■ **Records**:
· · · ·
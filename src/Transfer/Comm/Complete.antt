-- ===== src/Transfer/Comm/Complete.antt =====
-- What the two builders return: for every rank its operations, each once and in their order.
use mathlib.Core.Path.{subst}
use awex.Prelude.{
  ℕ, ◌+◌, ◌≡◌, refl, ap, sym, ◌∙◌, inl, inr, String, Bool, true, false, some, List, [], ◌∷◌, ◌++◌,
  map, All, get_elem?, take, filter-append, ◌==◌, if◌then◌else◌, arith, Bool-cases, ==→eq,
}
use awex.Prelude.Outcome.{ok}
use awex.Transfer.Plan.Defs.{CommunicationOperation}
use awex.Transfer.Plan.Local.{OpDict, ops_at}
use awex.Transfer.Stages.Build.{is_parameter}
use awex.Transfer.Comm.Rotation.{put_progress}
use awex.Transfer.Comm.Rounds.{rotate_complete}
use awex.Transfer.Comm.Build.{
  SendOps, send_op, file_send, emit_send, nccl_build_send_ops, RecvOps, recv_op, file_recv,
  emit_recv, nccl_build_recv_ops,
}
use awex.Transfer.Comm.Filed.{
  take-length, get_elem-All, to_peer, done_of, done_of-same, done_of-other, Filed, Filed-next,
  Filed-end,
}

module _ (operations : OpDict) where
  -- Where the plan names only parameters of the receiver, the builder of receive operations
  -- returns, and for every rank it holds this rank's operations, each once and in order.
  module _ (is_contiguous : CommunicationOperation → Bool) (parameters : List String)
      (use_batch : Bool) where
    recv_turn :
        ((r : ℕ)
          → All
              (λ op. is_parameter op.recv_shard_meta.name parameters ≡ true)
              (ops_at r operations))
        → (progress : ℕ → ℕ) (built : RecvOps) (rank : ℕ) (op : CommunicationOperation)
        → get_elem? (ops_at rank operations) (progress rank) ≡ some op
        → ((r : ℕ)
            → Filed operations (recv_op is_contiguous use_batch) progress r built.p2p_op_list)
        → (next : RecvOps) × (emit_recv is_contiguous parameters use_batch rank op built ≡ ok next)
          × ((r : ℕ)
              → Filed operations
                  (recv_op is_contiguous use_batch)
                  (put_progress rank (progress rank + 1) progress)
                  r
                  next.p2p_op_list)
    recv_turn known progress built rank op h filed =
        let named =
          get_elem-All (λ o. is_parameter o.recv_shard_meta.name parameters ≡ true)
            (ops_at rank operations) (progress rank) (known rank) h in
        (
          file_recv is_contiguous use_batch rank op built,
          rw named refl,
          λ r.
              Filed-next operations (recv_op is_contiguous use_batch) progress rank r op
                built.p2p_op_list refl h (filed r),
        )

    pub nccl_build_recv_ops_complete :
        ((r : ℕ)
          → All
              (λ op. is_parameter op.recv_shard_meta.name parameters ≡ true)
              (ops_at r operations))
        → (built : RecvOps) × (nccl_build_recv_ops is_contiguous parameters operations use_batch
            ≡ ok built)
          × ((r : ℕ)
              → to_peer r built.p2p_op_list
                ≡ map (recv_op is_contiguous use_batch r) (ops_at r operations))
    unfolding nccl_build_recv_ops
    nccl_build_recv_ops_complete known =
        let (built, e, (end, filed, all)) =
          rotate_complete operations (emit_recv is_contiguous parameters use_batch)
            (λ progress built.
              (r : ℕ)
              → Filed operations (recv_op is_contiguous use_batch) progress r built.p2p_op_list)
            (recv_turn known)
            (record { p2p_op_list = []; non_contiguous_tensor_pairs = []; recv_traj_list = [] })
            (λ r. refl) in
        (
          built,
          e,
          λ r.
              Filed-end operations (recv_op is_contiguous use_batch) end r built.p2p_op_list (all r)
                (filed r),
        )

  module _ (parameters : List String) (copy_rank : ℕ) (use_batch : Bool) where
    record Sent (progress : ℕ → ℕ) (built : SendOps) : Type 0 where
      copied : built.copy_op_list ≡ done_of operations progress copy_rank
      sent :
          (r : ℕ) → (r == copy_rank) ≡ false → Filed operations send_op progress r built.p2p_op_list
      none_to_self : to_peer copy_rank built.p2p_op_list ≡ []

    copy_turn :
        (progress : ℕ → ℕ) (built : SendOps) (rank : ℕ) (op : CommunicationOperation)
        → get_elem? (ops_at rank operations) (progress rank) ≡ some op
        → (rank == copy_rank) ≡ true
        → Sent progress built
        → Sent
            (put_progress rank (progress rank + 1) progress)
            (file_send copy_rank use_batch rank op built)
    copy_turn progress built rank op h same so_far =
        let e = ==→eq rank copy_rank same in
        let next : done_of operations (put_progress rank (progress rank + 1) progress) copy_rank
            ≡ done_of operations progress copy_rank ++ (op ∷ []) =
          subst
            (λ k.
              done_of operations (put_progress rank (progress rank + 1) progress) k
              ≡ done_of operations progress k ++ (op ∷ []))
            e (done_of-same operations progress rank op h) in
        record {
          copied = rw same (ap (λ l. l ++ (op ∷ [])) so_far.copied ∙ sym (rw same at next));
          sent = λ r other.
              let apart : (rank == r) ≡ false = ground arith in
              rw same (
                so_far.sent r other
                ∙ ap (map (send_op r))
                    (sym (done_of-other operations progress rank r (progress rank + 1) apart)));
          none_to_self = rw same so_far.none_to_self;
        }

    send_turn :
        (progress : ℕ → ℕ) (built : SendOps) (rank : ℕ) (op : CommunicationOperation)
        → get_elem? (ops_at rank operations) (progress rank) ≡ some op
        → (rank == copy_rank) ≡ false
        → Sent progress built
        → Sent
            (put_progress rank (progress rank + 1) progress)
            (file_send copy_rank use_batch rank op built)
    send_turn progress built rank op h other so_far =
        let nothing : to_peer copy_rank (send_op rank op ∷ []) ≡ [] = rw other refl in
        record {
          copied = rw other so_far.copied;
          sent = λ r apart. rw other (
              Filed-next operations send_op progress rank r op built.p2p_op_list refl h
                (so_far.sent r apart));
          none_to_self = rw other (
              filter-append (λ x. x.peer == copy_rank) built.p2p_op_list (send_op rank op ∷ [])
              ∙ ap (λ l. l ++ to_peer copy_rank (send_op rank op ∷ [])) so_far.none_to_self
              ∙ nothing);
        }

    any_turn :
        ((r : ℕ)
          → All
              (λ op. is_parameter op.send_shard_meta.name parameters ≡ true)
              (ops_at r operations))
        → (progress : ℕ → ℕ) (built : SendOps) (rank : ℕ) (op : CommunicationOperation)
        → get_elem? (ops_at rank operations) (progress rank) ≡ some op
        → Sent progress built
        → (next : SendOps) × (emit_send parameters copy_rank use_batch rank op built ≡ ok next)
          × Sent (put_progress rank (progress rank + 1) progress) next
    any_turn known progress built rank op h so_far =
        let named =
          get_elem-All (λ o. is_parameter o.send_shard_meta.name parameters ≡ true)
            (ops_at rank operations) (progress rank) (known rank) h in
        (
          file_send copy_rank use_batch rank op built,
          rw named refl,
          elim (Bool-cases (rank == copy_rank)) [
            | inl same ↦ copy_turn progress built rank op h same so_far
            | inr other ↦ send_turn progress built rank op h other so_far
          ],
        )

    -- Where the plan names only parameters of the sender, the builder of send operations returns.
    -- The slices for the rank itself are copied, in order, and for every other rank the list holds
    -- this rank's operations, each once and in order.
    pub nccl_build_send_ops_complete :
        ((r : ℕ)
          → All
              (λ op. is_parameter op.send_shard_meta.name parameters ≡ true)
              (ops_at r operations))
        → (built : SendOps) × (nccl_build_send_ops parameters operations copy_rank use_batch
            ≡ ok built)
          × (built.copy_op_list ≡ ops_at copy_rank operations)
          × ((r : ℕ)
              → to_peer r built.p2p_op_list
                ≡ (if r == copy_rank then [] else map (send_op r) (ops_at r operations)))
    unfolding nccl_build_send_ops
    nccl_build_send_ops_complete known =
        let (built, e, (end, s, all)) =
          rotate_complete operations (emit_send parameters copy_rank use_batch) Sent
            (any_turn known) (record { p2p_op_list = []; copy_op_list = []; send_traj_list = [] })
            (record { copied = refl; sent = λ r other. refl; none_to_self = refl }) in
        (
          built,
          e,
          s.copied
              ∙ ap (λ k. take k (ops_at copy_rank operations)) (all copy_rank)
              ∙ take-length (ops_at copy_rank operations),
          λ r. elim (Bool-cases (r == copy_rank)) [
            | inl self ↦ rw self (
                subst (λ k. to_peer k built.p2p_op_list ≡ []) (sym (==→eq r copy_rank self))
                  s.none_to_self)
            | inr other ↦
                rw other
                  (Filed-end operations send_op end r built.p2p_op_list (all r) (s.sent r other))
          ],
        )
· · · ·
■ **Aim of the exercise**:
All lines in the listing above with the string "this" should be returned.

■ **Solution below**:
  -- returns, and for every rank it holds this rank's operations, each once and in order.
    -- this rank's operations, each once and in order.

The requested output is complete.